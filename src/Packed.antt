-- ===== src/Packed.antt =====
-- The packed headers of ubuntu/src/encoder.c: what `submit_packed_sequence_headers` and
-- `submit_packed_slice_header` assemble for `submit_packed_header`. `none` is a store outside
-- `combined` or `nalu_body`, which the code does not test for.
pub mod Contents
use mathlib.Core.Option
use display_bridge.Prelude.{
  ℕ, ◌+◌, ◌||◌, Bool, Option, none, some, List, [], ◌++◌, ltb, if◌then◌else◌, length,
}
use display_bridge.Encoder.{Encoder}
use display_bridge.Nal.{start_code_and_nalu_header}
use display_bridge.Headers.{write_vps, write_sps, write_pps, write_slice_header}

-- A NAL unit in Annex B form.
abbrev pub nal_unit : ℕ → List ℕ → List ℕ
nal_unit nal_type body = start_code_and_nalu_header nal_type 1 ++ body

-- One of the blocks that write a NAL unit at `pos`: `room` bytes are allocated for `combined` and
-- `body_room` for `nalu_body`.
unfoldable pub append_nalu : ℕ → ℕ → ℕ → Option (List ℕ) → List ℕ → Option (List ℕ)
append_nalu room body_room nal_type none combined = none
append_nalu room body_room nal_type (some body) combined =
    let longer = combined ++ nal_unit nal_type body in
    if ltb body_room (length body) || ltb room (length longer) then none else some longer

-- The bytes that `submit_packed_sequence_headers` submits.
unfoldable pub packed_sequence_headers : Encoder → Option (List ℕ)
unfolding append_nalu
packed_sequence_headers enc = Option.bind (append_nalu 2048 512 32 (write_vps enc) []) λ vps.
    Option.bind (append_nalu 2048 512 33 (write_sps enc) vps)
      λ sps. append_nalu 2048 512 34 (write_pps enc) sps

-- The bytes that `submit_packed_slice_header` submits.
unfoldable pub packed_slice_header : Encoder → Bool → Option (List ℕ)
unfolding append_nalu
packed_slice_header enc is_idr =
    append_nalu 512 256 (if is_idr then 19 else 1) (write_slice_header enc is_idr) []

☆ ☆ ☆ ☆

Collect each line of the entries that has the word "bind", copying it in full.

packed_sequence_headers enc = Option.bind (append_nalu 2048 512 32 (write_vps enc) []) λ vps.
    Option.bind (append_nalu 2048 512 33 (write_sps enc) vps)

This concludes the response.